▶ [TASK INSTRUCTIONS]: From the entries below, copy every line that holds the word "Alike".

---------- EXTRACTED DATA

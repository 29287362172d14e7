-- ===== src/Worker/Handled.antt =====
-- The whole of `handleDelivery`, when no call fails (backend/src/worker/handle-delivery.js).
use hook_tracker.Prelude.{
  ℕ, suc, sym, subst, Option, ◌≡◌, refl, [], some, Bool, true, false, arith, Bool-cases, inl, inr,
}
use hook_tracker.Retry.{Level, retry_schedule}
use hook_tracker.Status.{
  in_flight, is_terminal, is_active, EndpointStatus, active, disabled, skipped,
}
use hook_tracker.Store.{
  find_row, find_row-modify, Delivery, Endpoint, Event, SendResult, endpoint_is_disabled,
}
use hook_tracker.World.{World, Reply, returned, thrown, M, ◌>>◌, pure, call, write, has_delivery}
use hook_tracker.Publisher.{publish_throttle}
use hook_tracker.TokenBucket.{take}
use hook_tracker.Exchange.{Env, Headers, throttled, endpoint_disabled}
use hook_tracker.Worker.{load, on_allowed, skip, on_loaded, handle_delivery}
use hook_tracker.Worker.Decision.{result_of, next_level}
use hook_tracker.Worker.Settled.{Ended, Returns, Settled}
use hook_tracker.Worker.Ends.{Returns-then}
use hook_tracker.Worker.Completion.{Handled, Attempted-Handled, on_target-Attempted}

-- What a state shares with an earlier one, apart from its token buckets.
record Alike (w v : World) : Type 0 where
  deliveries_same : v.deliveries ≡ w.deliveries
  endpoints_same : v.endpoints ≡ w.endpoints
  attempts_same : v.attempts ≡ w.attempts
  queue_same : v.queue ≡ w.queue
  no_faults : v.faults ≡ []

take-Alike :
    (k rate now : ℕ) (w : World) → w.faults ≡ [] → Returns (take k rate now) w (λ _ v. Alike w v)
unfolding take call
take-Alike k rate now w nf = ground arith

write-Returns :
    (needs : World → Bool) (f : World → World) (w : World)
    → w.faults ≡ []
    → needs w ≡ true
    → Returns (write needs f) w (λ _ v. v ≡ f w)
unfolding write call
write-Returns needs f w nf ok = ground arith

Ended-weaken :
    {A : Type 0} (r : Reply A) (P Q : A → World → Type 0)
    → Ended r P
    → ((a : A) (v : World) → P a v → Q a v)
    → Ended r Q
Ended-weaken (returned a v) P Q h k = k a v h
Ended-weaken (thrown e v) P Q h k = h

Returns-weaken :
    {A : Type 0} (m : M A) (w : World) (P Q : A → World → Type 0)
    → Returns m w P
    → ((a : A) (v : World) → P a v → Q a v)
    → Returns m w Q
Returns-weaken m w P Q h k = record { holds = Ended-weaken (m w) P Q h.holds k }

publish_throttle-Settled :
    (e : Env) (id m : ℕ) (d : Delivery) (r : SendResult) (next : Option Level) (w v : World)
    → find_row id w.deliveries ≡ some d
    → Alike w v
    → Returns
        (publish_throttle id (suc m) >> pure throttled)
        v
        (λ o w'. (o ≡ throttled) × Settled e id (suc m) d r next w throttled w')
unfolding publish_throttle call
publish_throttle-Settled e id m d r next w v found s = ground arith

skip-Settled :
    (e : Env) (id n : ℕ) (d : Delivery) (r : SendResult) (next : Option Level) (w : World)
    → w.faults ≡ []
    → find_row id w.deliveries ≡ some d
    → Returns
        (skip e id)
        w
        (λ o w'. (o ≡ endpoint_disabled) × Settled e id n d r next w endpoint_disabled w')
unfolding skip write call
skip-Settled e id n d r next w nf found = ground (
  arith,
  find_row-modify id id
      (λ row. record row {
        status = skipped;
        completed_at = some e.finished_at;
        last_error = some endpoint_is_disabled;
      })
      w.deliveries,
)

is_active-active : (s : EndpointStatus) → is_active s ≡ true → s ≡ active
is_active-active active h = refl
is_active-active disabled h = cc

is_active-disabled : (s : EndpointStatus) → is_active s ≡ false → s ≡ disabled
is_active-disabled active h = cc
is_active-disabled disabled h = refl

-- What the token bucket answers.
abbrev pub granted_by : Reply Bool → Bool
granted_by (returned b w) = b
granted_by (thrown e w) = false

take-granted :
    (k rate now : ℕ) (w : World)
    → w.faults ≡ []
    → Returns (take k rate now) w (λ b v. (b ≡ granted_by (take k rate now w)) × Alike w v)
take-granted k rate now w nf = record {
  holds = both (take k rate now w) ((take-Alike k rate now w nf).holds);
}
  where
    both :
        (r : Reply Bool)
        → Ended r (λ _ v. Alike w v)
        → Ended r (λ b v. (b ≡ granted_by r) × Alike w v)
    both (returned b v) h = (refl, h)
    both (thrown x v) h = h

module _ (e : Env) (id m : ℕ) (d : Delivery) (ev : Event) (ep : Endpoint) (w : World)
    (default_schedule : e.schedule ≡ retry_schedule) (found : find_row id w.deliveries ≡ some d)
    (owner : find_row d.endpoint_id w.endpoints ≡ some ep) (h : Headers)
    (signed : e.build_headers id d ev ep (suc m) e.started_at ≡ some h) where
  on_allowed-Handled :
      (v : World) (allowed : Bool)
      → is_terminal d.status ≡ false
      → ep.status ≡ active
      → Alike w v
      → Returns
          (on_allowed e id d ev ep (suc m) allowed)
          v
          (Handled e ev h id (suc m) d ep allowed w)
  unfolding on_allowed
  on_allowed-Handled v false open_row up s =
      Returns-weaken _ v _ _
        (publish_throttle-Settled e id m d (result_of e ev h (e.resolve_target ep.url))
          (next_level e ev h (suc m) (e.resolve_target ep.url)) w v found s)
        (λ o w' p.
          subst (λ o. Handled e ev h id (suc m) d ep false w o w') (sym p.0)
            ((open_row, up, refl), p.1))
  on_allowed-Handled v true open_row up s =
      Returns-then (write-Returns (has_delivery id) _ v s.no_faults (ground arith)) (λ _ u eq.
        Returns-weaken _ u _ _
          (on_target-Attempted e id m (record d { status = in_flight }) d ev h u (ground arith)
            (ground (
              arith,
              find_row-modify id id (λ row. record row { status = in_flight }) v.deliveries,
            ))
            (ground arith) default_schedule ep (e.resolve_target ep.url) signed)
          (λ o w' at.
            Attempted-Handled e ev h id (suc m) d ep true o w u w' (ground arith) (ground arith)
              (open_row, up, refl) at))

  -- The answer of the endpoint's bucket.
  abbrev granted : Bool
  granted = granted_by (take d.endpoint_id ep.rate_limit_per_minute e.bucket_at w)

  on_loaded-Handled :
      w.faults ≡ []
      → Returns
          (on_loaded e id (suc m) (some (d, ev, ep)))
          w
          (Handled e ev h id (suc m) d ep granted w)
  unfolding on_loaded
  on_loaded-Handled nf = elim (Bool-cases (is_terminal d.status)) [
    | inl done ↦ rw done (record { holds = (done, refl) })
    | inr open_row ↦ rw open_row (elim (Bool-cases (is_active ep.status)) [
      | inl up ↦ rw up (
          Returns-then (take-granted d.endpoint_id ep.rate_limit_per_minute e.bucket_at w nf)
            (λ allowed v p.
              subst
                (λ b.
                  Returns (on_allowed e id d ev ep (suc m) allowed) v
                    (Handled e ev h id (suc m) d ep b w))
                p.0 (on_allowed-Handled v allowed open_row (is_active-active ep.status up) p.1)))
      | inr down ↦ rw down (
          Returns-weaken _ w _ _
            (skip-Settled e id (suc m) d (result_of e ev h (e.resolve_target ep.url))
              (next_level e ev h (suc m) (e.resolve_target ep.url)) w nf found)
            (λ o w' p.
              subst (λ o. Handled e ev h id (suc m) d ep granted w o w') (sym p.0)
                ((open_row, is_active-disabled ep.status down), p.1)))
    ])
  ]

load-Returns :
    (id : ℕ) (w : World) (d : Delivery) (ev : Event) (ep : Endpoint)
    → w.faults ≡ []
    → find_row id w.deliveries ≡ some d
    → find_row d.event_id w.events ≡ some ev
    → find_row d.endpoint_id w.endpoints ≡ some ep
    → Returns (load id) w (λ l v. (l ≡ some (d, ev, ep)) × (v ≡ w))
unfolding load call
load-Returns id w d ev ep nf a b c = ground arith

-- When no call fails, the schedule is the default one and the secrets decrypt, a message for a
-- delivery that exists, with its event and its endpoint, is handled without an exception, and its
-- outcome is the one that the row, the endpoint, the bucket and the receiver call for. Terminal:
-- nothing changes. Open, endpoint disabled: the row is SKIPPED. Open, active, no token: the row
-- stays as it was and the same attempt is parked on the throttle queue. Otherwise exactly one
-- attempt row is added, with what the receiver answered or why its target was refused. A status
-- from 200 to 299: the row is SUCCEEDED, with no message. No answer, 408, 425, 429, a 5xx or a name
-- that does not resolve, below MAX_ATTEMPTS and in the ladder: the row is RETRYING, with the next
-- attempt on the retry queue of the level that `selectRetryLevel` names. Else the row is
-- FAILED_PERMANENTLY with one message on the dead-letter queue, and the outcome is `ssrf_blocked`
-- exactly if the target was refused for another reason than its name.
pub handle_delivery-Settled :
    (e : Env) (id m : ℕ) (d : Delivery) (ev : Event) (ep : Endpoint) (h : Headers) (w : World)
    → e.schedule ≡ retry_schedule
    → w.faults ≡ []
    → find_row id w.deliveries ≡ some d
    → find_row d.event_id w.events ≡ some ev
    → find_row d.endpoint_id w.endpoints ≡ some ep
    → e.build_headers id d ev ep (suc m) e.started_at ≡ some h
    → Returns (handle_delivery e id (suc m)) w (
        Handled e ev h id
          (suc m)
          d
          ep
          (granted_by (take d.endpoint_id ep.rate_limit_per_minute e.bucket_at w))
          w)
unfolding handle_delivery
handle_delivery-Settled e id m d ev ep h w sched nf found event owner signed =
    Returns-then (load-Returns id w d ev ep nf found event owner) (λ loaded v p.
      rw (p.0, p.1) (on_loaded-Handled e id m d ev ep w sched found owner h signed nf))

--------------------

▶ [ANSWER SPACE]:
record Alike (w v : World) : Type 0 where
take-Alike :
    (k rate now : ℕ) (w : World) → w.faults ≡ [] → Returns (take k rate now) w (λ _ v. Alike w v)
take-Alike k rate now w nf = ground arith
    → Alike w v
    → Returns (take k rate now) w (λ b v. (b ≡ granted_by (take k rate now w)) × Alike w v)
  holds = both (take k rate now w) ((take-Alike k rate now w nf).holds);
        → Ended r (λ _ v. Alike w v)
        → Ended r (λ b v. (b ≡ granted_by r) × Alike w v)
      → Alike w v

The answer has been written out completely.